I'd tell him I'd pay for the ticket when he can come for longer as 2 days its really not worth the ticket price. If he mentions these friends in Paris just say you will pay for his return ticket from Australia to the UK return. He can sort something out with friends in Paris another time when you are not paying.

Newestname002 · 30/09/2023 15:01

@Dodobirds

Sad the plans have gone astray but, sometimes, life just does just hit you in the face and you have then to sort out the problem with plan B.

Paying for his flights was a nice thing to offer but essential, major and expensive work on your home is more important to sort out this time.

I hope you can both get past this and it doesn't irretrievably ruin your friendship. 🌹

Dodobirds · 30/09/2023 15:20

caringcarer · 30/09/2023 14:52

I'd tell him I'd pay for the ticket when he can come for longer as 2 days its really not worth the ticket price. If he mentions these friends in Paris just say you will pay for his return ticket from Australia to the UK return. He can sort something out with friends in Paris another time when you are not paying.

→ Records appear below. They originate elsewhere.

-- ===== src/Host/Prefixes.antt =====
-- Runs of DD and FD prefixes on flat memory: the last one counts, each of the others costs 4
-- T-states, and a memory of nothing else is never left.
use z80_python.Base.{
  ◌*◌, ◌+◌, ◌<◌, ◌==◌, ◌∙◌, ◌≡◌, ◌≤◌, Bool, Bool-cases, ap, arith, false, inc16, inl, inr, refl,
  suc, sym, true, u16, zero, ℕ,
}
use z80_python.Core.{fetch_byte, inc_r}
use z80_python.Cpu.{Cpu}
use z80_python.Dispatch.Execute.{
  call_main, decode_and_execute, execute_index, execute_prefixed, is_prefix, plus_t_states,
  prefix_run,
}
use z80_python.Dispatch.Pages.{entry_at, main_page}
use z80_python.Host.{Memory, flat, no_fuel, run}
use z80_python.Host.Stray.{execute_prefixed-stray, plus_outcome, run-plus}
use z80_python.Prog.{◌>>=◌, Prog, ret}
use z80_python.Timing.{at}

-- The state after `n` opcode fetches.
unfoldable pub fetched : ℕ → Cpu → Cpu
fetched zero s = s
fetched (suc n) s = fetched n (inc_r (record s { pc = inc16 s.pc }))

abbrev pub prefix_at : Memory → ℕ → Bool
prefix_at m at = is_prefix (m (u16 at))

main_page-prefix :
    (fuel op : ℕ) (s : Cpu)
    → is_prefix op ≡ true
    → (entry_at main_page op >>= λ entry. call_main fuel entry.method entry.argument s)
      ≡ execute_index fuel op s
unfolding entry_at main_page call_main
main_page-prefix fuel op s h = elim (Bool-cases (op == 0xDD)) [
  | inl e ↦ let here : op ≡ 0xDD = ground arith in rw here refl
  | inr e ↦ let here : op ≡ 0xFD = ground arith in rw here refl
]

prefix_run-stop :
    (fuel prefix op stray : ℕ) (s : Cpu)
    → is_prefix op ≡ false
    → prefix_run fuel prefix op stray s ≡ ret (prefix, op, stray, s)
unfolding prefix_run
prefix_run-stop zero prefix op stray s h = rw (prefix_run, h) refl
prefix_run-stop (suc fuel) prefix op stray s h = rw (prefix_run, h) refl

prefix_run-next :
    (fuel prefix op stray : ℕ) (s : Cpu)
    → is_prefix op ≡ true
    → prefix_run (suc fuel) prefix op stray s
      ≡ (fetch_byte s >>= λ r. prefix_run fuel op r.0 (stray + 4) r.1)
unfolding prefix_run
prefix_run-next fuel prefix op stray s h = rw (prefix_run, h) refl

inc_r-pc : (s : Cpu) → (inc_r s).pc ≡ s.pc
unfolding inc_r
inc_r-pc s = refl

fetched-pc : (n : ℕ) (s : Cpu) → s.pc < 65536 → (fetched n s).pc ≡ u16 (s.pc + n)
unfolding fetched
fetched-pc zero s lt = omega arith
fetched-pc (suc n) s lt =
    let t = inc_r (record s { pc = inc16 s.pc }) in
    let one : t.pc ≡ inc16 s.pc = inc_r-pc (record s { pc = inc16 s.pc }) in
    let ih = fetched-pc n t (rw one (omega arith)) in ih ∙ rw one (omega arith)

fetched-fetched : (n : ℕ) (s : Cpu) → fetched 2 (fetched n s) ≡ fetched (suc (suc n)) s
unfolding fetched
fetched-fetched zero s = refl
fetched-fetched (suc n) s = fetched-fetched n (inc_r (record s { pc = inc16 s.pc }))

module _ (m : Memory) where
  -- Where the run stands: `prefix` and `op` from `at` on, `s.pc` behind them.
  prefix_run-flat :
      (n fuel at stray : ℕ) (s : Cpu) (f : ℕ × ℕ × ℕ × Cpu → Prog (ℕ × Cpu))
      → n ≤ fuel
      → s.pc ≡ u16 (at + 2)
      → ((i : ℕ) → i < n → prefix_at m (at + 1 + i) ≡ true)
      → prefix_at m (at + 1 + n) ≡ false
      → run flat (prefix_run fuel (m (u16 at)) (m (u16 (at + 1))) stray s >>= f) m
        ≡ run flat (f (m (u16 (at + n)), m (u16 (at + 1 + n)), stray + 4 * n, fetched n s)) m
  unfolding fetched run flat fetch_byte
  prefix_run-flat zero fuel at stray s f h k all last =
      let e : at + 1 + 0 ≡ at + 1 = omega arith in
      let e' : at + 0 ≡ at = omega arith in
      let e'' : stray + 4 * 0 ≡ stray = omega arith in
      let stop = ap (prefix_at m) (sym e) ∙ last in
      rw (e, e', e'', prefix_run-stop fuel (m (u16 at)) (m (u16 (at + 1))) stray s stop) refl
  prefix_run-flat (suc n) zero at stray s f h k all last = absurd (omega arith)
  prefix_run-flat (suc n) (suc fuel) at stray s f h k all last =
      let e : at + 1 + 0 ≡ at + 1 = omega arith in
      let e1 : at + 1 + 1 ≡ at + 2 = omega arith in
      let e2 : at + suc n ≡ at + 1 + n = omega arith in
      let e3 : at + 1 + suc n ≡ at + 1 + 1 + n = omega arith in
      let e4 : stray + 4 * suc n ≡ stray + 4 + 4 * n = omega arith in
      let here = ap (prefix_at m) (sym e) ∙ all 0 (omega arith) in
      let t = inc_r (record s { pc = inc16 s.pc }) in
      let behind : t.pc ≡ u16 (at + 1 + 2) =
        inc_r-pc (record s { pc = inc16 s.pc }) ∙ rw k (omega arith) in
      let further : (i : ℕ) → i < n → prefix_at m (at + 1 + 1 + i) ≡ true = λ i lt.
        let e5 : at + 1 + 1 + i ≡ at + 1 + suc i = omega arith in
        ap (prefix_at m) e5 ∙ all (suc i) (omega arith) in
      let rest =
        prefix_run-flat n fuel (at + 1) (stray + 4) t f (omega arith) behind further
          (ap (prefix_at m) (sym e3) ∙ last) in
      rw
        (
          prefix_run-next fuel (m (u16 at)) (m (u16 (at + 1))) stray s here,
          e2,
          e3,
          e4,
          ← rest,
          k,
          e1,
        )
        refl

  decode_and_execute-run :
      (n fuel : ℕ) (s : Cpu)
      → n ≤ fuel
      → s.pc < 65536
      → ((i : ℕ) → i ≤ n → prefix_at m (s.pc + i) ≡ true)
      → prefix_at m (s.pc + 1 + n) ≡ false
      → run flat (decode_and_execute fuel s) m
        ≡ run flat
            (execute_prefixed
              (m (u16 (s.pc + n)))
              (m (u16 (s.pc + 1 + n)))
              (4 * n)
              (fetched (suc (suc n)) s))
            m
  unfolding decode_and_execute execute_index run flat fetch_byte fetched
  decode_and_execute-run n fuel s h lt all last =
      let t = inc_r (record s { pc = inc16 s.pc }) in
      let t' = inc_r (record t { pc = inc16 t.pc }) in
      let same : u16 s.pc ≡ s.pc = omega arith in
      let same' : u16 (s.pc + 0) ≡ s.pc = omega arith in
      let here : is_prefix (m s.pc) ≡ true =
        ap (λ x. is_prefix (m x)) (sym same') ∙ all 0 (omega arith) in
      let further : (i : ℕ) → i < n → prefix_at m (s.pc + 1 + i) ≡ true = λ i lt.
        let e : s.pc + 1 + i ≡ s.pc + suc i = omega arith in
        ap (prefix_at m) e ∙ all (suc i) (omega arith) in
      let one : t.pc ≡ inc16 s.pc = inc_r-pc (record s { pc = inc16 s.pc }) in
      let two : t'.pc ≡ u16 (s.pc + 2) =
        inc_r-pc (record t { pc = inc16 t.pc }) ∙ rw one (omega arith) in
      let rest : ℕ × ℕ × ℕ × Cpu → Prog (ℕ × Cpu) = λ r. execute_prefixed r.0 r.1 r.2 r.3 in
      let plain : 0 + 4 * n ≡ 4 * n = omega arith in
      let loop = prefix_run-flat n fuel s.pc 0 t' rest h two further last in
      ap (λ p. run flat p m) (main_page-prefix fuel (m s.pc) t here)
      ∙ ap (λ x. run flat (prefix_run fuel (m s.pc) (m x) 0 t' >>= rest) m) one
      ∙ ap (λ x. run flat (prefix_run fuel (m x) (m (inc16 s.pc)) 0 t' >>= rest) m) (sym same)
      ∙ loop
      ∙ ap
          (λ k.
            run flat
              (execute_prefixed (m (u16 (s.pc + n))) (m (u16 (s.pc + 1 + n))) k (fetched n t')) m)
          plain

  -- On flat memory with `n + 1` prefixes from a 16-bit PC on, another byte after them, and fuel
  -- for at least `n`, `decode_and_execute` does what it does from the last of the prefixes on once
  -- the others have been fetched, for which no fuel is needed, with 4 T-states more for each of the
  -- others.
  pub decode_and_execute-prefixes :
      (n fuel : ℕ) (s : Cpu)
      → n ≤ fuel
      → s.pc < 65536
      → ((i : ℕ) → i ≤ n → prefix_at m (s.pc + i) ≡ true)
      → prefix_at m (s.pc + 1 + n) ≡ false
      → run flat (decode_and_execute fuel s) m
        ≡ run flat (plus_t_states (4 * n) (decode_and_execute 0 (fetched n s))) m
  decode_and_execute-prefixes n fuel s h lt all last =
      let t = fetched n s in
      let at : t.pc ≡ u16 (s.pc + n) = fetched-pc n s lt in
      let place : u16 (t.pc + 0) ≡ u16 (s.pc + n) = rw at (omega arith) in
      let next : u16 (t.pc + 1 + 0) ≡ u16 (s.pc + 1 + n) = rw at (omega arith) in
      let here : (i : ℕ) → i ≤ 0 → prefix_at m (t.pc + i) ≡ true = λ i le.
        let same : u16 (t.pc + i) ≡ u16 (s.pc + n) = rw at (omega arith) in
        ap (λ x. is_prefix (m x)) same ∙ all n (omega arith) in
      let behind : prefix_at m (t.pc + 1 + 0) ≡ false = ap (λ x. is_prefix (m x)) next ∙ last in
      let one = decode_and_execute-run 0 0 t (omega arith) (rw at (omega arith)) here behind in
      let none : 4 * 0 ≡ 0 = omega arith in
      let exec : ℕ → ℕ → ℕ → Cpu → Prog (ℕ × Cpu) = λ x y k u. execute_prefixed (m x) (m y) k u in
      decode_and_execute-run n fuel s h lt all last
      ∙ ap (λ u. run flat (exec (u16 (s.pc + n)) (u16 (s.pc + 1 + n)) (4 * n) u) m)
          (sym (fetched-fetched n s))
      ∙ ap (λ p. run flat p m) (sym (execute_prefixed-stray _ _ (4 * n) (fetched 2 t)))
      ∙ run-plus (4 * n) (exec (u16 (s.pc + n)) (u16 (s.pc + 1 + n)) 0 (fetched 2 t)) m
      ∙ ap (λ x. plus_outcome (4 * n) (run flat (exec x (u16 (s.pc + 1 + n)) 0 (fetched 2 t)) m))
          (sym place)
      ∙ ap (λ y. plus_outcome (4 * n) (run flat (exec (u16 (t.pc + 0)) y 0 (fetched 2 t)) m))
          (sym next)
      ∙ ap
          (λ k.
            plus_outcome (4 * n)
              (run flat (exec (u16 (t.pc + 0)) (u16 (t.pc + 1 + 0)) k (fetched 2 t)) m))
          (sym none)
      ∙ ap (plus_outcome (4 * n)) (sym one)
      ∙ sym (run-plus (4 * n) (decode_and_execute 0 t) m)

  prefix_run-endless :
      (fuel prefix op stray : ℕ) (s : Cpu) (f : ℕ × ℕ × ℕ × Cpu → Prog (ℕ × Cpu))
      → is_prefix op ≡ true
      → ((a : ℕ) → is_prefix (m a) ≡ true)
      → run flat (prefix_run fuel prefix op stray s >>= f) m ≡ (no_fuel, m)
  unfolding run flat fetch_byte prefix_run
  prefix_run-endless zero prefix op stray s f h all = rw h refl
  prefix_run-endless (suc fuel) prefix op stray s f h all =
      ap (λ p. run flat (p >>= f) m) (prefix_run-next fuel prefix op stray s h)
      ∙ (prefix_run-endless fuel op (m s.pc) (stray + 4) (inc_r (record s { pc = inc16 s.pc })) f
          (all s.pc) all)

  -- On flat memory that holds nothing but prefixes, `decode_and_execute` runs out of any fuel and
  -- leaves memory as it was.
  pub decode_and_execute-endless :
      (fuel : ℕ) (s : Cpu)
      → ((a : ℕ) → is_prefix (m a) ≡ true)
      → run flat (decode_and_execute fuel s) m ≡ (no_fuel, m)
  unfolding decode_and_execute execute_index run flat fetch_byte
  decode_and_execute-endless fuel s all =
      let t = inc_r (record s { pc = inc16 s.pc }) in
      let t' = inc_r (record t { pc = inc16 t.pc }) in
      ap (λ p. run flat p m) (main_page-prefix fuel (m s.pc) t (all s.pc))
      ∙ (prefix_run-endless fuel (m s.pc) (m t.pc) 0 t' (λ r. execute_prefixed r.0 r.1 r.2 r.3)
          (all t.pc) all)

I definitely don’t want to do this. I feel like he’s shown his true colours and shouldn’t have the benefit of hearing me suggest I want to spend more time with him!

OP posts:
caringcarer · 30/09/2023 15:25

Dodobirds · 30/09/2023 15:20

I definitely don’t want to do this. I feel like he’s shown his true colours and shouldn’t have the benefit of hearing me suggest I want to spend more time with him!

Surely nobody travels from Australia to UK for 2 days just to visit a friend? It's ridiculous for him to suggest it.

Andylion · 30/09/2023 15:31

Ffsnotaconference · 30/09/2023 12:21

This is so weird.

You say it’s like he is a prostitute. But you were fine with it when it’s was for 2 weeks visit. Now it’s not worth it as it’s for 2 days.

Its casual. You are having a bit of fun, when you offered you were under no illusion he was coming to see you for anymore than some fun.

I don’t think you are unreasonable to not pay. You can’t afford it. But is a bit ridiculous to talk about how he is acting like a prostitute. You are clearly acting like a punter. So I don’t think you can judge him.

You were fine with it when it was 2 weeks of casual fun. Now you don’t think it’s value for money so don’t want to.

I agree with this. I think it’s bizarre that OP offered to pay in the first place.

Puzzledandpissedoff · 30/09/2023 15:34

I feel like he’s shown his true colours and shouldn’t have the benefit of hearing me suggest I want to spend more time with him!

And you're absolutely right, OP

I guess the good news is that you found out about his plans before the trip and while you could still pull back, because otherwise he might well have spent a couple of days with you then announced he was off

A bit ssilly of him to give it away really, but perhaps he feels he's SO amazing that you'd have gladly paid anyway?

Mirabai · 30/09/2023 15:41

Dodobirds · 30/09/2023 15:20

I definitely don’t want to do this. I feel like he’s shown his true colours and shouldn’t have the benefit of hearing me suggest I want to spend more time with him!

Absolutely. I

Mrsgreen100 · 30/09/2023 15:44

Don’t pay anyone for visiting you
its not ok
NO No

Autumnleaves89 · 30/09/2023 19:50

OP, what was his response when you said you wouldn’t be paying?